▸ WHAT YOU HAVE TO DO
Examine the material below and count the lines that hold the word "abbrev". Report only the number.

▸ THE INPUT
┌────────

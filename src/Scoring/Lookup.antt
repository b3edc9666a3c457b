-- ===== src/Scoring/Lookup.antt =====
-- `_lookup` and `_mapping_values` of scoring.py: a name is looked for in the candidate, in the
-- version of its document, and in the records inside them, breadth first. The code skips a record
-- that it has seen, which changes nothing in what it finds first.
use inno_scalping_crawling.Common.{
  ℕ, zero, suc, ◌+◌, ◌*◌, Option, none, some, List, [], ◌∷◌, ◌++◌, if◌then◌else◌, Text, codes,
}
use inno_scalping_crawling.Publication.{Value, Entries, null, mapping, sequence, end, entry, field}
use inno_scalping_crawling.Scoring.{is_present}

unfoldable pub nested_names : List Text
nested_names =
    codes "metadata"
    ∷ codes "metadata_json"
    ∷ codes "source"
    ∷ codes "source_metadata"
    ∷ codes "provenance"
    ∷ codes "document"
    ∷ codes "document_version"
    ∷ []

-- The mappings behind these names.
abbrev pub mapping_or : Option Value → List Value → List Value
mapping_or (some (mapping entries)) rest = mapping entries ∷ rest
mapping_or _ rest = rest

unfoldable pub mappings_at : List Text → Value → List Value
mappings_at [] v = []
mappings_at (name ∷ names) v = mapping_or (field v name) (mappings_at names v)

-- `_mapping_values`
unfoldable pub mapping_values : Value → List Value
mapping_values (mapping entries) = mapping entries ∷ mappings_at nested_names (mapping entries)
mapping_values v = []

-- The body of the loop over `nested_names`.
abbrev pub added : Option Value → List Value
added none = []
added (some null) = []
added (some v) = v ∷ mapping_values v

unfoldable pub nested_records : List Text → Value → List Value
nested_records [] r = []
nested_records (name ∷ names) r = added (field r name) ++ nested_records names r

-- The `while` loop, on fuel.
unfoldable pub collect : ℕ → List Value → List Value
collect zero queue = []
collect (suc fuel) [] = []
collect (suc fuel) (r ∷ queue) = r ∷ collect fuel (queue ++ nested_records nested_names r)

-- A record and all that the loop can add after it are no more than this.
unfoldable mutual
  pub weight : Value → ℕ
  weight (mapping entries) = 1 + 63 * entries_weight entries
  weight (sequence entries) = 1 + 63 * entries_weight entries
  weight _ = 1

  pub entries_weight : Entries → ℕ
  entries_weight end = 0
  entries_weight (entry _ v rest) = weight v + entries_weight rest

unfoldable pub queue_weight : List Value → ℕ
queue_weight [] = 0
queue_weight (r ∷ queue) = weight r + queue_weight queue

abbrev start : Value → List Value → List Value
start null rest = rest
start v rest = v ∷ rest

-- The candidate and its document version, unless they are `None`.
abbrev pub first_records : Value → Value → List Value
first_records candidate document_version = start candidate (start document_version [])

abbrev pub present_or : Option Value → Option Value → Option Value
present_or v rest = if is_present v then v else rest

unfoldable pub find_name : Text → List Value → Option Value
find_name name [] = none
find_name name (r ∷ records) = present_or (field r name) (find_name name records)

abbrev pub some_or : Option Value → Option Value → Option Value
some_or (some v) rest = some v
some_or none rest = rest

unfoldable pub find_names : List Text → List Value → Option Value
find_names [] records = none
find_names (name ∷ names) records = some_or (find_name name records) (find_names names records)

unfoldable pub lookup_value : Value → Value → List Text → Option Value
lookup_value candidate document_version names =
    let queue = first_records candidate document_version in
    find_names names (collect (queue_weight queue) queue)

└────────

▸ ANSWER FOR THIS EXERCISE
6